Presentation on theme: "An Overview of My Poetry Unit By Jacqueline Tourtellotte shadows Poetry is the art of substantiating shadows. ~Edmund Burke."— Presentation transcript:
An Overview of My Poetry Unit By Jacqueline Tourtellotte shadows Poetry is the art of substantiating shadows. ~Edmund Burke
The students will spend several weeks studying a variety of poems with a specific focus on alliteration, onomatopoeia, personification, and simile. They will hear, read, and discuss examples of poetry utilizing these elements in textbooks, handouts, and online. After learning each element, students will create one poem demonstrating each poetic style for a total of four poems. At the end of the unit, each student will work with a partner to create a multimedia presentation in which they discuss their original interpretations of a chosen poem.
By the end of this unit, students will hopefully: Gain an understanding and appreciation of poetry. Recognize that words are helpful for exploring ideas and expressing understanding. Be able to define simile, onomatopoeia, personification, and alliteration and give examples of each. Build students reading, writing, and listening skills by having them read, write, and listen to poetry. Learn to value observations, experiences, opinions, and ideas as sources for authentic writing
READING: 1.1 Analyze idioms, analogies, metaphors, and similes to infer the literal and figurative meanings of phrases. 2.3 Find similarities and differences between texts in the treatment, scope, or organization of ideas. 3.1Determine and articulate the relationship between the purposes and different forms of poetry (e.g., ballad, lyric, couplet, epic, elegy, ode, sonnet). 3.6 Identify significant literary devices (e.g., metaphor, symbolism, dialect, irony) that define a writer’s style and use those elements to interpret the work. WRITING: 2.2 Write responses to literature: a. Exhibit careful reading and insight in their interpretations. b. Connect the student’s own responses to the writer’s techniques and to specific textual references. c. Draw supported inferences about the effects of a literary work on its audience. d. Support judgments through references to the text, other works, other authors, or to personal knowledge. LISTENING AND SPEAKING: 2.5 Recite poems (of four to six stanzas), sections of speeches, or dramatic soliloquies, using voice modulation, tone, and gestures expressively to enhance the meaning.
Why Do You Think People Write Poetry? How does word choice affect the meanings of words? What role does poetry play in your life today? Who are some famous poets you have heard of? Do you like them? Why or why not? What is: Personification, Alliteration, Simile, Onomatopoeia?
Throughout this unit, I will be using several approaches to assess student learning including: Gauging Student Needs by determining students’ prior knowledge of poetry and poetic devices and the beginning of the unit. (see embedded document for detail) Encouraging Self-Direction and Collaboration by having students work in pairs to present original interpretation of a poem. Monitoring Progress by giving a quiz matching new terms to their definitions. Checking for Understanding by questioning students about concepts throughout lesson. Having students Demonstrate Understanding by creating original poems to illustrate the terms they have learned.

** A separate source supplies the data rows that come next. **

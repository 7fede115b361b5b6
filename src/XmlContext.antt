-- ===== src/XmlContext.antt =====
-- `XmlContext`, the namespaces in scope while a document is read or written, and
-- `NSMapSerializer`, which prints names in them: src/xmlbeansxx/XmlContext.h and XmlContext.cpp.
-- The vector of links has its back first here, and the stack its top first. `none` is undefined
-- behaviour: a pop or a top of an empty stack.
pub mod Scopes
pub mod Fresh
pub mod Printing
mod Examples
use xmlbeansxx.Prelude.{
  ℕ, zero, suc, ◌+◌, ◌-◌, ◌%◌, List, [], ◌∷◌, ◌++◌, Option, none, some, Bool, true, false, not,
  ◌&&◌, if◌then◌else◌, length, take, Text, codes, text_eq,
}
use mathlib.Core.List.{reverse}
use xmlbeansxx.QName.{QName}
use xmlbeansxx.NsMap.{
  PrefixMap, Result, ok, beans_exception, ◌>>=◌, lookup, is_set_prefix, get_namespace_uri,
  get_prefix,
}
use xmlbeansxx.NsMap

pub record XmlContext : Type 0 where
  pub prefix_map : PrefixMap
  pub restore_links : List (Text × Text)
  pub remembered : List ℕ

-- What `addNamespace` puts on the vector of links: the old namespace, or the empty one.
abbrev pub old_namespace : Option Text → Text
old_namespace none = []
old_namespace (some ns) = ns

-- The context and the answer of `addNamespace`, which comes from `NSMap::addNamespace`.
unfoldable pub add_namespace : XmlContext → Text → Text → Bool → XmlContext × Bool
add_namespace c p ns force =
    let added = NsMap.add_namespace c.prefix_map p ns true in
    if is_set_prefix c.prefix_map p && not force then (c, false) else (
      record c {
        prefix_map = added.0;
        restore_links = (p, old_namespace (lookup p c.prefix_map)) ∷ c.restore_links;
      },
      added.1,
    )

unfoldable pub remember : XmlContext → XmlContext
remember c = record c { remembered = length c.restore_links ∷ c.remembered }

-- `addNamespace(restoreLinks.back()…)` and `pop_back`.
abbrev pub restore_back : XmlContext → List (Text × Text) → XmlContext
restore_back c [] = c
restore_back c ((p, ns) ∷ links) = record c {
  prefix_map = (NsMap.add_namespace c.prefix_map p ns true).0;
  restore_links = links;
}

-- One round of the loop of `restore`.
unfoldable pub restore_last : XmlContext → XmlContext
restore_last c = restore_back c c.restore_links

-- The loop runs until `position` links are left: the rounds are given.
unfoldable pub restore_loop : ℕ → XmlContext → XmlContext
restore_loop zero c = c
restore_loop (suc rounds) c = restore_loop rounds (restore_last c)

abbrev pub restore_to : XmlContext → List ℕ → Option XmlContext
restore_to c [] = none
restore_to c (position ∷ positions) = some (
    restore_loop (length c.restore_links - position)
      (record c { remembered = position ∷ positions }))

-- The position popped is dropped, and the one below it is gone back to.
abbrev pub restore_popped : XmlContext → List ℕ → Option XmlContext
restore_popped c [] = none
restore_popped c (popped ∷ positions) = restore_to c positions

unfoldable pub restore : XmlContext → Option XmlContext
restore c = restore_popped c c.remembered

abbrev pub top_or_zero : List ℕ → ℕ
top_or_zero [] = 0
top_or_zero (position ∷ positions) = position

abbrev pub with_namespaces : PrefixMap → List (Text × Text) → Result (List (Text × Text))
with_namespaces m [] = ok []
with_namespaces m ((p, old) ∷ links) = do
  ns ← get_namespace_uri m p
  rest ← with_namespaces m links
  ok ((p, ns) ∷ rest)

-- The prefixes declared since the last `remember`, oldest first, with what they stand for now.
unfoldable pub get_last_stored_links : XmlContext → Result (List (Text × Text))
get_last_stored_links c =
    with_namespaces c.prefix_map
      (reverse (take (length c.restore_links - top_or_zero c.remembered) c.restore_links))

-- The constructor.
unfoldable pub new_context : XmlContext
unfolding remember add_namespace
new_context =
    remember
      (add_namespace (remember (record { prefix_map = []; restore_links = []; remembered = [] })) []
        [] true).0

pub record NsMapSerializer : Type 0 where
  pub context : XmlContext
  pub prefix_prefix : Text
  pub current : ℕ

unfoldable pub print_prefix_name : Text → Text → Text
print_prefix_name [] name = name
print_prefix_name (c ∷ p) name = (c ∷ p) ++ b':' ∷ name

-- `prefixPrefix + char('a' + current)`
abbrev pub candidate : Text → ℕ → Text
candidate prefix_prefix n = prefix_prefix ++ ((b'a' + n) % 256) ∷ []

-- `getNextPrefix`, with the calls it may make of itself: the prefix, and `current` after it.
unfoldable pub get_next_prefix : ℕ → PrefixMap → Text → ℕ → Option (Text × ℕ)
get_next_prefix zero m prefix_prefix current = none
get_next_prefix (suc calls) m prefix_prefix current =
    let later = get_next_prefix calls m prefix_prefix (suc current) in
    if is_set_prefix m (candidate prefix_prefix current)
    then later
    else some (candidate prefix_prefix current, suc current)

-- A serializer and a printed name.
abbrev pub Printed : Type 0
Printed = NsMapSerializer × Text

-- The namespace is declared under the prefix, and the name printed.
unfoldable pub declare_and_print : NsMapSerializer → Text → QName → Printed
declare_and_print s p n = (
  record s { context = (add_namespace s.context p n.namespace_uri true).0 },
  print_prefix_name p n.local_part,
)

-- A fresh prefix is taken: `current` moves on.
abbrev pub print_fresh : NsMapSerializer → QName → Option (Text × ℕ) → Option Printed
print_fresh s n none = none
print_fresh s n (some (p, current')) =
    some (declare_and_print (record s { current = current' }) p n)

-- `getPrefix` found a prefix of the namespace, or threw.
abbrev pub print_found : ℕ → NsMapSerializer → QName → Result Text → Option Printed
print_found calls s n (ok p) = some (s, print_prefix_name p n.local_part)
print_found calls s n beans_exception =
    print_fresh s n (get_next_prefix calls s.context.prefix_map s.prefix_prefix s.current)

abbrev pub stands_for : Result Text → Text → Bool
stands_for (ok ns) u = text_eq ns u
stands_for beans_exception u = false

unfoldable pub cprint_qname : ℕ → NsMapSerializer → QName → Option Printed
cprint_qname calls s n =
    if text_eq n.namespace_uri []
    then some (s, n.local_part)
    else if stands_for (get_namespace_uri s.context.prefix_map n.prefix) n.namespace_uri
    then some (s, print_prefix_name n.prefix n.local_part)
    else if text_eq n.prefix []
    then print_found calls s n (get_prefix s.context.prefix_map n.namespace_uri)
    else some (declare_and_print s n.prefix n)

abbrev pub print_links : List (Text × Text) → Text
print_links [] = []
print_links (([], ns) ∷ links) = (codes " xmlns=\"" ++ ns ++ codes "\"") ++ print_links links
print_links ((c ∷ p, ns) ∷ links) =
    (codes " xmlns:" ++ (c ∷ p) ++ codes "=\"" ++ ns ++ codes "\"") ++ print_links links

unfoldable pub print_new_ns : NsMapSerializer → Result Text
print_new_ns s = do links ← get_last_stored_links s.context; ok (print_links links)
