-- ===== src/Output.antt =====
-- What src/xmlbeansxx/Serialize.cpp is written with: the options, a stream of text, and the names and
-- declarations of an NSMapSerializer on it. Where one statement of the source writes two names, the
-- first of them is printed first.
pub mod Scoped
use xmlbeansxx.Prelude.{
  ℕ, zero, suc, List, [], ◌∷◌, ◌++◌, Option, none, some, Bool, true, false, ◌&&◌, if◌then◌else◌,
  length, Text, codes, text_eq,
}
use xmlbeansxx.QName.{QName, qname}
use xmlbeansxx.NsMap.{get_namespace_uri}
use xmlbeansxx.NsMap
use xmlbeansxx.XmlContext.{
  XmlContext, NsMapSerializer, Printed, add_namespace, remember, restore, cprint_qname,
  print_new_ns,
}
use xmlbeansxx.Heap.{Fault, bad_pointer, beans_exception, too_deep, Return, ok, fault}

-- The fields of XmlOptions that are read here.
pub record XmlOptions : Type 0 where
  pub print_xml_declaration : Bool
  pub serialize_types : Bool
  pub serialize_inner_types : Bool
  pub serialize_persistent : Bool

-- `getSerializeInnerTypes`
abbrev pub with_inner_types : XmlOptions → Bool
with_inner_types o = o.serialize_types && o.serialize_inner_types

-- A part of the output, and the namespaces after it.
abbrev pub Written : Type 0
Written = NsMapSerializer × Text

abbrev pub Writer : Type 0
Writer = NsMapSerializer → Return Written

abbrev pub behind : Text → Return Written → Return Written
behind t (fault e) = fault e
behind t (ok (s, u)) = ok (s, t ++ u)

abbrev pub go_on : Return Written → Writer → Return Written
go_on (fault e) k = fault e
go_on (ok (s, t)) k = behind t (k s)

infixl 5 ◌then_write◌
abbrev pub ◌then_write◌ : Writer → Writer → Writer
◌then_write◌ w k s = go_on (w s) k

abbrev pub emit : Text → Writer
emit t s = ok (s, t)

-- `ns.cprintQName(name)` with the text behind it. One call of getNextPrefix more than there are
-- prefixes is allowed.
abbrev pub printed : Text → Option Printed → Return Written
printed t none = fault too_deep
printed t (some (s, name)) = ok (s, name ++ t)

abbrev pub print_name : QName → Text → Writer
print_name name t s = printed t (cprint_qname (suc (length s.context.prefix_map)) s name)

abbrev pub declare : Text → Text → Writer
declare p ns s = ok (record s { context = (add_namespace s.context p ns true).0 }, [])

abbrev pub remember_ns : Writer
remember_ns s = ok (record s { context = remember s.context }, [])

abbrev pub in_context : NsMapSerializer → Option XmlContext → Return Written
in_context s none = fault bad_pointer
in_context s (some c) = ok (record s { context = c }, [])

abbrev pub restore_ns : Writer
restore_ns s = in_context s (restore s.context)

abbrev pub shown : NsMapSerializer → NsMap.Result Text → Return Written
shown s NsMap.beans_exception = fault beans_exception
shown s (NsMap.ok t) = ok (s, t)

abbrev pub print_declared : Writer
print_declared s = shown s (print_new_ns s)

abbrev pub xsi_type : QName
xsi_type = qname (codes "http://www.w3.org/2001/XMLSchema-instance") (codes "type")

abbrev pub inner_type_ns : Text
inner_type_ns = codes "http://xmlbeansxx.touk.pl/xmlbeansxx/innerType"

-- An element without a namespace takes the default one away, if it is not empty.
abbrev pub clear_if_set : NsMapSerializer → NsMap.Result Text → Return Written
clear_if_set s NsMap.beans_exception = fault beans_exception
clear_if_set s (NsMap.ok ns) = if text_eq ns [] then ok (s, []) else declare [] [] s

unfoldable pub clear_default : Writer
clear_default s = clear_if_set s (get_namespace_uri s.context.prefix_map [])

In this Unit, I have also included a project in which students work in pairs to create a multimedia presentation of a poem they have analyzed. Projects such as these have many benefits and offer a way to learn that can be much more versatile than a simple lecture. Research has shown that there are three primary ways in which people learn. They can either be: Visual Learners- meaning they like pictures, charts, and graphs as ways of explaining new material. Auditory Learners- meaning that they do best by hearing new information. Kinesthetic Learners- meaning they do best with “hands-on” activities. Projects allow for all three types of learning by giving students an active role in their education. For example, a hands-on project is not only fun, but it helps kinesthetic learners. A group project combines auditory learning with visual learning through the creation and presentation of visual aids combined with public speaking.
Not only do projects allow for multiple learning styles, they also help: -reinforce what is learned in class -build social skills promote working well with others. -gain knowledge of technology -develop independence -keep students stimulated by adding variety and creativity to a lesson Project-Based education is also easily adapted to meet the state standards in reading, writing, written and oral language conventions, and listening and speaking.
This Poetry Unit contributes to student learning in many ways. It covers a wide area of the content standards by requiring reading, writing, listening, and speaking skills rather than just one or two. Poetry also allows for the opportunity to introduce students to abstract, higher-level thinking and read beyond the literal while encouraging creativity through the construction of original poems. Finally, this unit includes a project which offers the added benefits of a chance to work with others and build social skills while learning. While students may or may not continue to write poetry after this unit, ultimately it is a lesson in the importance of words as a way to effectively communicate thoughts and ideas.